My patch adds the following routine to list.sort():
1. Go through the list and see which of the assumptions, if any, hold (except (4), which can't be checked in advance).
2. Replace PyObject_RichCompareBool() with an optimized compare function that is able to ignore some safety checks by applying the assumption we've already verified to be true.

There are then two questions: when none of the assumptions hold, how expensive is (1)? And when we do get a "hit", how much time do we save by applying (2)?

Those questions, of course, can only be answered by benchmarks. So here they are, computed on an isolated CPU core, on two python interpreters, both compiled with ./configure --with-optimizations:

# This is a runnable script. Just build the reference interpreter in python-ref and the patched interpreter in python-dev.

# Pathological cases (where we pay for (1) but don't get any savings from (2)): what kind of losses do we suffer?

# How expensive is (1) for empty lists?
python-dev/python -m perf timeit -s "l=[]" "sorted(l)" --rigorous 
python-ref/python -m perf timeit -s "l=[]" "sorted(l)" --rigorous  
# Median +- std dev: 212 ns +- 9 ns
# Median +- std dev: 216 ns +- 10 ns
# (difference is within std dev)

# How expensive is (1) for singleton lists?
python-dev/python -m perf timeit -s "l=[None]" "sorted(l)" --rigorous 
python-ref/python -m perf timeit -s "l=[None]" "sorted(l)" --rigorous
# Median +- std dev: 235 ns +- 16 ns
# Median +- std dev: 238 ns +- 15 ns
# (difference is within std dev)

# How expensive is (1) for non-type-homogeneous lists?
# (we use small lists because as n gets large, the fraction time spent in (1) gets smaller)
python-dev/python -m perf timeit -s "import random; l=[random.uniform(-1,1) for _ in range(0,10)]+[1]" "sorted(l)" --rigorous 
python-ref/python -m perf timeit -s "import random; l=[random.uniform(-1,1) for _ in range(0,10)]+[1]" "sorted(l)" --rigorous 
# Median +- std dev: 784 ns +- 35 ns
# Median +- std dev: 707 ns +- 51 ns
# 10% slower. While this is unfortunate, this case almost never occurs in practice, and the losses are certainly offset by the gains we'll see below.
# Also, note that for large lists, the difference would be *much* smaller, since the time spent in (1) gets smaller like 1/log(n).
# So basically, we only pay a penalty for non-type-homogeneous small lists.

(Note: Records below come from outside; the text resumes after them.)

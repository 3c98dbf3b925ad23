-- ===== src/Framing.antt =====
-- Protocols/Framing/Shared/Framing.cpp: length-prefixed frames over a TCP socket.
-- A loop takes fuel, one unit for a call of `recv` or `send`; `none` means that it ran out.
-- `htonl`, `ntohl` and the layout of a `uint32_t` in memory belong to the host, a parameter.
pub mod Receive
pub mod Transmit
pub mod RoundTrip
use tcp_simple_chat.Base.{
  ℕ, zero, suc, ◌-◌, ◌*◌, ◌/◌, ◌%◌, ◌^◌, ◌<◌, ◌≡◌, List, [], ◌∷◌, ◌++◌, Bool, true, false, Option,
  none, some, length, take, drop, replicate, ltb, ◌==◌, if◌then◌else◌,
}
use tcp_simple_chat.Net.{
  Net, RecvResult, got, recv_failed, SendResult, sent, send_failed, is_retryable,
}

pub record Host : Type 0 where
  pub htonl : ℕ → ℕ
  pub ntohl : ℕ → ℕ
  -- the four bytes of a `uint32_t` in memory, and the number that four bytes make
  pub store : ℕ → List ℕ
  pub load : List ℕ → ℕ

abbrev pub big_endian : ℕ → List ℕ
big_endian n = n / 2 ^ 24 % 256 ∷ n / 2 ^ 16 % 256 ∷ n / 2 ^ 8 % 256 ∷ n % 256 ∷ []

-- What `htonl` and `ntohl` promise: the bytes of `htonl n` in memory are those of `n` in network
-- order, and `ntohl` gives the number back.
pub record IsNetworkOrder (h : Host) : Type 0 where
  pub store-htonl : (n : ℕ) → n < 2 ^ 32 → h.store (h.htonl n) ≡ big_endian n
  pub ntohl-load : (n : ℕ) → n < 2 ^ 32 → h.ntohl (h.load (big_endian n)) ≡ n

abbrev pub max_payload : ℕ
max_payload = 1024 * 1024

-- `static_cast<int>` of a `size_t`, as the length of a loop `while (i < len)`: a negative length
-- makes no round, as 0 does.
abbrev pub int_length : ℕ → ℕ
int_length n = if ltb (n % 2 ^ 32) (2 ^ 31) then n % 2 ^ 32 else 0

module _ (net : Net) (s : ℕ) where
  open net use {World, recv, send}

  -- The body of the loop of `recv_all` after its call of `recv`; `again` is the next round.
  unfoldable pub after_recv :
      (World → List ℕ → Option (Bool × List ℕ × World))
      → List ℕ
      → RecvResult
      → World
      → Option (Bool × List ℕ × World)
  after_recv again buf (got []) w = some (false, buf, w)
  after_recv again buf (got (b ∷ bs)) w = again w (buf ++ b ∷ bs)
  after_recv again buf (recv_failed e) w =
      if is_retryable e then again w buf else some (false, buf, w)

  -- `buf` holds the bytes that are read so far, so its length is `read`.
  unfoldable pub recv_all : ℕ → World → List ℕ → ℕ → Option (Bool × List ℕ × World)
  recv_all zero w buf len = none
  recv_all (suc fuel) w buf len = elim (ltb (length buf) len) [
    | false ↦ some (true, buf, w)
    | true ↦
        let (r, w') = recv w s (len - length buf) in
        after_recv (λ v b. recv_all fuel v b len) buf r w'
  ]

  unfoldable pub after_send :
      (World → List ℕ → Option (Bool × World)) → List ℕ → SendResult → World → Option (Bool × World)
  after_send again rest (sent zero) w = some (false, w)
  after_send again rest (sent (suc n)) w = again w (drop (suc n) rest)
  after_send again rest (send_failed e) w = if is_retryable e then again w rest else some (false, w)

  -- `rest` are the bytes from `data + sent` up to `data + len`.
  unfoldable pub send_all : ℕ → World → List ℕ → Option (Bool × World)
  send_all zero w rest = none
  send_all (suc fuel) w [] = some (true, w)
  send_all (suc fuel) w (b ∷ bs) =
      let (r, w') = send w s (b ∷ bs) in after_send (send_all fuel) (b ∷ bs) r w'

  module _ (host : Host) where
    -- After the size is sent.
    unfoldable pub send_payload : ℕ → List ℕ → Option (Bool × World) → Option (Bool × World)
    send_payload fuel payload none = none
    send_payload fuel payload (some (false, w)) = some (false, w)
    send_payload fuel payload (some (true, w)) =
        send_all fuel w (take (int_length (length payload)) payload)

    unfoldable pub send_frame : ℕ → World → List ℕ → Option (Bool × World)
    send_frame fuel w [] = some (false, w)
    send_frame fuel w (b ∷ bs) =
        send_payload fuel (b ∷ bs)
          (send_all fuel w (host.store (host.htonl (length (b ∷ bs) % 2 ^ 32))))

    -- `out.resize(size)` fills with zeros what `recv_all` has not written.
    unfoldable pub resized : ℕ → Option (Bool × List ℕ × World) → Option (Bool × List ℕ × World)
    resized size none = none
    resized size (some (ok, buf, w)) = some (ok, buf ++ replicate (size - length buf) 0, w)

    unfoldable pub recv_payload : ℕ → ℕ → World → Option (Bool × List ℕ × World)
    recv_payload fuel size w =
        if ltb max_payload size
        then some (false, [], w)
        else if size == 0
        then some (true, [], w)
        else resized size (recv_all fuel w [] size)

    unfoldable pub recv_sized : ℕ → Option (Bool × List ℕ × World) → Option (Bool × List ℕ × World)
    recv_sized fuel none = none
    recv_sized fuel (some (false, header, w)) = some (false, [], w)
    recv_sized fuel (some (true, header, w)) = recv_payload fuel (host.ntohl (host.load header)) w

    unfoldable pub recv_frame : ℕ → World → Option (Bool × List ℕ × World)
    recv_frame fuel w = recv_sized fuel (recv_all fuel w [] 4)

# OK, now for the cases that actually occur in practice:

# What kind of gains do we get for floats?
python-dev/python -m perf timeit -s "import random; l=[random.uniform(-1,1) for _ in range(0,100)]" "sorted(l)" --rigorous
python-ref/python -m perf timeit -s "import random; l=[random.uniform(-1,1) for _ in range(0,100)]" "sorted(l)" --rigorous
# Median +- std dev: 3.63 us +- 0.20 us
# Median +- std dev: 8.81 us +- 0.37 us
# Wow! 59% faster! And if we used a large list, we would've gotten even better numbers.

# What kind of gains do we get for latin strings?
python-dev/python -m perf timeit -s "import random; l=[str(random.uniform(-1,1)) for _ in range(0,100)]" "sorted(l)" --rigorous
python-ref/python -m perf timeit -s "import random; l=[str(random.uniform(-1,1)) for _ in range(0,100)]" "sorted(l)" --rigorous
# Median +- std dev: 9.51 us +- 0.28 us
# Median +- std dev: 15.9 us +- 0.7 us
# 40% faster! 

# What kind of gains do we get for non-latin strings (which I imagine aren't that common to sort in practice anyway)
python-dev/python -m perf timeit -s "import random; l=[str(random.uniform(-1,1))+'\uffff' for _ in range(0,100)]" "sorted(l)" --rigorous
python-ref/python -m perf timeit -s "import random; l=[str(random.uniform(-1,1))+'\uffff' for _ in range(0,100)]" "sorted(l)" --rigorous
# Median +- std dev: 12.2 us +- 0.4 us
# Median +- std dev: 14.2 us +- 0.6 us
# 14%. Not as impressive, but again, this is a bit of a pathological case.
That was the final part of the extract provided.